It's also making me realise that whether I like it or not, this cancer stuff is subtley changing me too. I can't quite put things into words yet, but I suppose something this big and intrusive in my life is bound to make me look at the world differently. That in itself can be quite isolating, because I'm tuned in differently at the moment to life and seeing things from a slightly different angle, whereas everyone else in my world is just getting on with their lives in a way that I'm unable to in quite the same way for the moment.
I've also had enough energy to tackle a big supermarket shop, and even to half clean the kitchen. Mind you it took ages, I kept having to sit down to get my breath back, and I finally flopped halfway through, but it's a step in the right direction.
The major issues with two of the children are still as pressing and as worrying as ever, which inevitably is taking a lot of time and energy too, but they are both far more important than a clean kitchen, so they are rightfully taking priority over everything else, and it's painfully apparent that I'm not able to drive both situations in the direction that's needed as quickly as I need to.

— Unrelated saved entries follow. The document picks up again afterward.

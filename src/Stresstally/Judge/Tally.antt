-- ===== src/Stresstally/Judge/Tally.antt =====
-- What the rows of a case count is what the logs of its shards count.
use text.Mathlib.Text.{◌==◌ as str_eq}
use text.Mathlib.TextEquality.{eq_iff}
use probatorium.Base.{
  ℕ, zero, suc, ◌+◌, ltb, if◌then◌else◌, ◌&&◌, Bool, true, List, [], ◌∷◌, String, Option, none,
  some, ◌≡◌, ◌↔◌, refl, contains, sym, ap, sum, arith, Bool-cases, inl, inr,
}
use probatorium.Stresstally.Judge.{Case, ShardLog, TestResult, log_name, status_wrong_shape}
use probatorium.Stresstally.Judge.Shape.{check_shape, observation_reasons}
use probatorium.Stresstally.Judge.Shards.{
  TestRow, State, add_result, add_results, add_counts, same_key, zero_row, shard_status,
  keep_report, judge_log, judge_shards, judge_arches, log_report, one_if,
}

-- A count of a row that grows with each result of its key by a count of the result.
pub record Adds (f : TestRow → ℕ) (g : TestResult → ℕ) : Type 0 where
  pub grows : (r : TestRow) (v : TestResult) → f (add_counts r v) ≡ f r + g v
  pub begins : (pkg name arch : String) → f (zero_row pkg name arch) ≡ 0

pub pass_Adds : Adds (λ r. r.pass) (λ v. v.pass)
unfolding add_counts
pass_Adds = record { grows = λ r v. refl; begins = λ p n a. refl }

pub fail_Adds : Adds (λ r. r.fail) (λ v. v.fail)
unfolding add_counts
fail_Adds = record { grows = λ r v. refl; begins = λ p n a. refl }

pub processes_Adds : Adds (λ r. r.processes) (λ v. one_if (ltb 0 (v.pass + v.fail)))
unfolding add_counts
processes_Adds = record { grows = λ r v. refl; begins = λ p n a. refl }

pub skip_Adds : Adds (λ r. r.skip) (λ v. v.skip)
unfolding add_counts
skip_Adds = record { grows = λ r v. refl; begins = λ p n a. refl }

pub no_verdict_Adds : Adds (λ r. r.no_verdict) (λ v. v.no_verdict)
unfolding add_counts
no_verdict_Adds = record { grows = λ r v. refl; begins = λ p n a. refl }

-- A count at the keys that pass a test.
abbrev pub weigh_row : (String → String → String → Bool) → (TestRow → ℕ) → TestRow → ℕ
weigh_row K f r = if K r.pkg r.name r.arch then f r else 0

abbrev pub weigh_result :
    (String → String → String → Bool) → (TestResult → ℕ) → String → TestResult → ℕ
weigh_result K g arch v = if K v.pkg v.name arch then g v else 0

same_key-eq :
    (r : TestRow) (pkg name arch : String)
    → same_key r pkg name arch ≡ true
    → (r.pkg ≡ pkg) × (r.name ≡ name) × (r.arch ≡ arch)
unfolding same_key
same_key-eq r pkg name arch h = elim (Bool-cases (str_eq r.pkg pkg)) [
  | inr a ↦ ground arith
  | inl a ↦ elim (Bool-cases (str_eq r.name name)) [
    | inr b ↦ ground arith
    | inl b ↦ elim (Bool-cases (str_eq r.arch arch)) [
      | inr d ↦ ground arith
      | inl d ↦ ((eq_iff _ _).0 a, (eq_iff _ _).0 b, (eq_iff _ _).0 d)
    ]
  ]
]

module _ {f : TestRow → ℕ} {g : TestResult → ℕ} (adds : Adds f g)
    (K : String → String → String → Bool) where
  weigh-add_counts :
      (r : TestRow) (v : TestResult) (arch : String)
      → K r.pkg r.name r.arch ≡ K v.pkg v.name arch
      → weigh_row K f (add_counts r v) ≡ weigh_row K f r + weigh_result K g arch v
  unfolding add_counts
  weigh-add_counts r v arch e = let k = adds.grows r v in ground (arith, e, k)

  weigh-add_result :
      (arch : String) (v : TestResult) (rows : List TestRow)
      → sum (weigh_row K f) (add_result arch v rows)
        ≡ sum (weigh_row K f) rows + weigh_result K g arch v
  unfolding add_result
  weigh-add_result arch v [] =
      let k = weigh-add_counts (zero_row v.pkg v.name arch) v arch refl in
      let z = adds.begins v.pkg v.name arch in ground (arith, k, z)
  weigh-add_result arch v (r ∷ rows) =
      let ih = weigh-add_result arch v rows in
      elim (Bool-cases (same_key r v.pkg v.name arch)) [
        | inl h ↦
            let (a, b, d) = same_key-eq r v.pkg v.name arch h in
            let k = weigh-add_counts r v arch cc in rw h (omega (arith, k))
        | inr h ↦ rw h (omega (arith, ih))
      ]

  pub weigh-add_results :
      (arch : String) (vs : List TestResult) (rows : List TestRow)
      → sum (weigh_row K f) (add_results arch vs rows)
        ≡ sum (weigh_row K f) rows + sum (weigh_result K g arch) vs
  unfolding add_results
  weigh-add_results arch [] rows = omega arith
  weigh-add_results arch (v ∷ vs) rows =
      omega
        (arith, weigh-add_results arch vs (add_result arch v rows), weigh-add_result arch v rows)

none_at_arch :
    (M : String → ℕ) (a : String) (arches : List String)
    → M a ≡ 0
    → sum (λ y. if str_eq y a then M y else 0) arches ≡ 0
none_at_arch M a [] h = refl
none_at_arch M a (y ∷ ys) h =
    let ih = none_at_arch M a ys h in
    elim (Bool-cases (str_eq y a)) [
      | inl e ↦ let q = ap M ((eq_iff y a).0 e) in ground (arith, ih, q)
      | inr e ↦ ground (arith, ih, e)
    ]

-- A count summed over the places of an arch in a list is zero just where it is zero at the arch.
pub sum-at_arch :
    (M : String → ℕ) (a : String) (arches : List String)
    → contains a arches ≡ true
    → (sum (λ y. if str_eq y a then M y else 0) arches ≡ 0) ↔ (M a ≡ 0)
unfolding contains
sum-at_arch M a [] m = ground arith
sum-at_arch M a (y ∷ ys) m = (
  λ h. elim (Bool-cases (str_eq a y)) [
    | inl e ↦
        let p = (eq_iff a y).0 e in
        let f = (eq_iff y a).1 (sym p) in let q = ap M p in ground (arith, h, f, q)
    | inr e ↦ (sum-at_arch M a ys (ground (arith, m, e))).0 (ground (arith, h))
  ],
  λ h. none_at_arch M a (y ∷ ys) h,
)

-- What the shards of a case add to the count of results under the keys that pass a test: those of
-- each log that is not of the wrong shape, once for each time its arch is listed.
module _ (quote : String → String) (is_float : String → Bool) (logs : String → Option ShardLog)
    (c : Case) (celeris_sha : String) (K : String → String → String → Bool)
    (g : TestResult → ℕ) where
  abbrev pub status_of : String → ℕ → ShardLog → String
  status_of arch shard sl =
      shard_status sl (observation_reasons is_float c sl)
        (check_shape quote sl.header c arch shard celeris_sha)

  unfoldable pub from_log : String → ℕ → Option ShardLog → ℕ
  from_log arch shard none = 0
  from_log arch shard (some sl) =
      if str_eq (status_of arch shard sl) status_wrong_shape
      then 0
      else sum (weigh_result K g arch) sl.results

  unfoldable pub from_shards : String → ℕ → ℕ
  unfolding from_log
  from_shards arch zero = 0
  from_shards arch (suc n) =
      from_log arch (suc n) (logs (log_name c.name arch (suc n))) + from_shards arch n

  pub from_arches : List String → ℕ
  unfolding from_shards
  from_arches [] = 0
  from_arches (arch ∷ arches) = from_shards arch c.shards + from_arches arches

  module _ {f : TestRow → ℕ} (adds : Adds f g) where
    weigh-judge_log :
        (arch : String) (shard : ℕ) (log : Option ShardLog) (st : State)
        → sum (weigh_row K f) (judge_log quote is_float c celeris_sha arch shard log st).rows
          ≡ sum (weigh_row K f) st.rows + from_log arch shard log
    unfolding judge_log from_log keep_report log_report
    weigh-judge_log arch shard none st = omega arith
    weigh-judge_log arch shard (some sl) st =
        elim (Bool-cases (str_eq (status_of arch shard sl) status_wrong_shape)) [
          | inl h ↦ rw h (omega arith)
          | inr h ↦ rw h (weigh-add_results adds K arch sl.results st.rows)
        ]

    weigh-judge_shards :
        (arch : String) (n : ℕ) (st : State)
        → sum (weigh_row K f) (judge_shards quote is_float logs c celeris_sha arch n st).rows
          ≡ sum (weigh_row K f) st.rows + from_shards arch n
    unfolding judge_shards from_shards
    weigh-judge_shards arch zero st = omega arith
    weigh-judge_shards arch (suc n) st =
        let k =
          weigh-judge_log arch (suc n) (logs (log_name c.name arch (suc n)))
            (judge_shards quote is_float logs c celeris_sha arch n st) in
        omega (arith, k, weigh-judge_shards arch n st)

    pub weigh-judge_arches :
        (arches : List String) (st : State)
        → sum (weigh_row K f) (judge_arches quote is_float logs c celeris_sha arches st).rows
          ≡ sum (weigh_row K f) st.rows + from_arches arches
    unfolding judge_arches from_arches
    weigh-judge_arches [] st = omega arith
    weigh-judge_arches (arch ∷ arches) st = omega (
      arith,
      weigh-judge_arches arches (judge_shards quote is_float logs c celeris_sha arch c.shards st),
      weigh-judge_shards arch c.shards st,
    )

-- With a test of the arch added, only that arch counts.
module _ (quote : String → String) (is_float : String → Bool) (logs : String → Option ShardLog)
    (c : Case) (celeris_sha : String) (K K_at : String → String → String → Bool)
    (g : TestResult → ℕ) (a : String)
    (at_arch : (pkg name y : String) → K_at pkg name y ≡ (K pkg name y && str_eq y a)) where
  pub restrict-results :
      (y : String) (vs : List TestResult)
      → sum (weigh_result K_at g y) vs ≡ (if str_eq y a then sum (weigh_result K g y) vs else 0)
  restrict-results y [] = ground arith
  restrict-results y (v ∷ vs) =
      let ih = restrict-results y vs in let e = at_arch v.pkg v.name y in ground (arith, ih, e)

  restrict-log :
      (y : String) (shard : ℕ) (log : Option ShardLog)
      → from_log quote is_float logs c celeris_sha K_at g y shard log
        ≡ (if str_eq y a then from_log quote is_float logs c celeris_sha K g y shard log else 0)
  unfolding from_log
  restrict-log y shard none = ground arith
  restrict-log y shard (some sl) =
      let e = restrict-results y sl.results in
      elim (Bool-cases
        (str_eq (status_of quote is_float logs c celeris_sha K g y shard sl) status_wrong_shape)) [
          | inl h ↦ rw h (ground arith)
          | inr h ↦ rw h e
        ]

  restrict-shards :
      (y : String) (n : ℕ)
      → from_shards quote is_float logs c celeris_sha K_at g y n
        ≡ (if str_eq y a then from_shards quote is_float logs c celeris_sha K g y n else 0)
  unfolding from_shards
  restrict-shards y zero = ground arith
  restrict-shards y (suc n) =
      let k = restrict-log y (suc n) (logs (log_name c.name y (suc n))) in
      let ih = restrict-shards y n in ground (arith, k, ih)

  pub restrict-arches :
      (arches : List String)
      → from_arches quote is_float logs c celeris_sha K_at g arches
        ≡ sum
            (λ y.
              if str_eq y a
              then from_shards quote is_float logs c celeris_sha K g y c.shards
              else 0)
            arches
  unfolding from_arches
  restrict-arches [] = refl
  restrict-arches (y ∷ ys) = omega (arith, restrict-shards y c.shards, restrict-arches ys)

The other thoughts that are beginning to filter in concern my hideously disfigured body. The 12-inch shark-bite style scar that slashes across the place I used to have a second boob is something I can only deal with by tuning out completely. Then I have to take on board the bald head coupled with the missing eyebrows and eyelashes - altogether not the greatest look ever. The last lot will grow back, but do I want to go through the whole big issue of a breast reconstruction once all the treatment has finished? I really can't get my head around that one. At some point next year I'll probably lose my other boob too, that is part of the plan, but do I want to put myself through yet more major operations, with all their potential side effects, just so I get a cleavage to flaunt to the world again? The bit of the operation I'm quite keen on is the tummy-tuck - they would have to dig out masses of tissue from my very ample tummy to make new boobies, so I'd have a nice flat wash-board belly, but I doubt if Mr Lovely would agree to just that bit and then foregoing the sticking the belly fat where the boob should be bit. I get to see Mr Lovely early next month and I think we'll need to sit down and talk about it all. Sitting down and talking to Mr Lovely will be lovely, and if I do decide to go ahead with new boobies, I'll get to do a lot of that in the next few months, I'm sure.
This week is also the week where I'll start to plan Christmas. I'm seriously considering delaying Christmas Day by 3 or 4 days if my kids will agree, so I can take advantage of the best chemo side-effect days. Don't tell them, but I might even get their presents much cheaper in the after-Christmas sales too!
So, there's a lot going on, things to think about, things to do, and even a few projects on the go, exactly how I like life to be, and letting the cancer know, once again, who is really in charge. Onwards and upwards, it's going to be a good week.
Last week, I did the first of many Laughter sessions at Mencap, and it was a really good one. No one had been before, but the group really gelled well together and within seconds everyone was laughing like crazy. Laughing for a whole hour is fairly exhausting, but in a very energising way, and the health benefits are really worth having. It's excellent cardio-vascular exercise, the deep breathing that laughter causes really does get the oxygen in and circulating well in the body, the eye-contact and human connection that all the laughter exercises encourage has a very positive effect on self-esteem and confidence, and the whole thing has a tangible "feel-good" factor.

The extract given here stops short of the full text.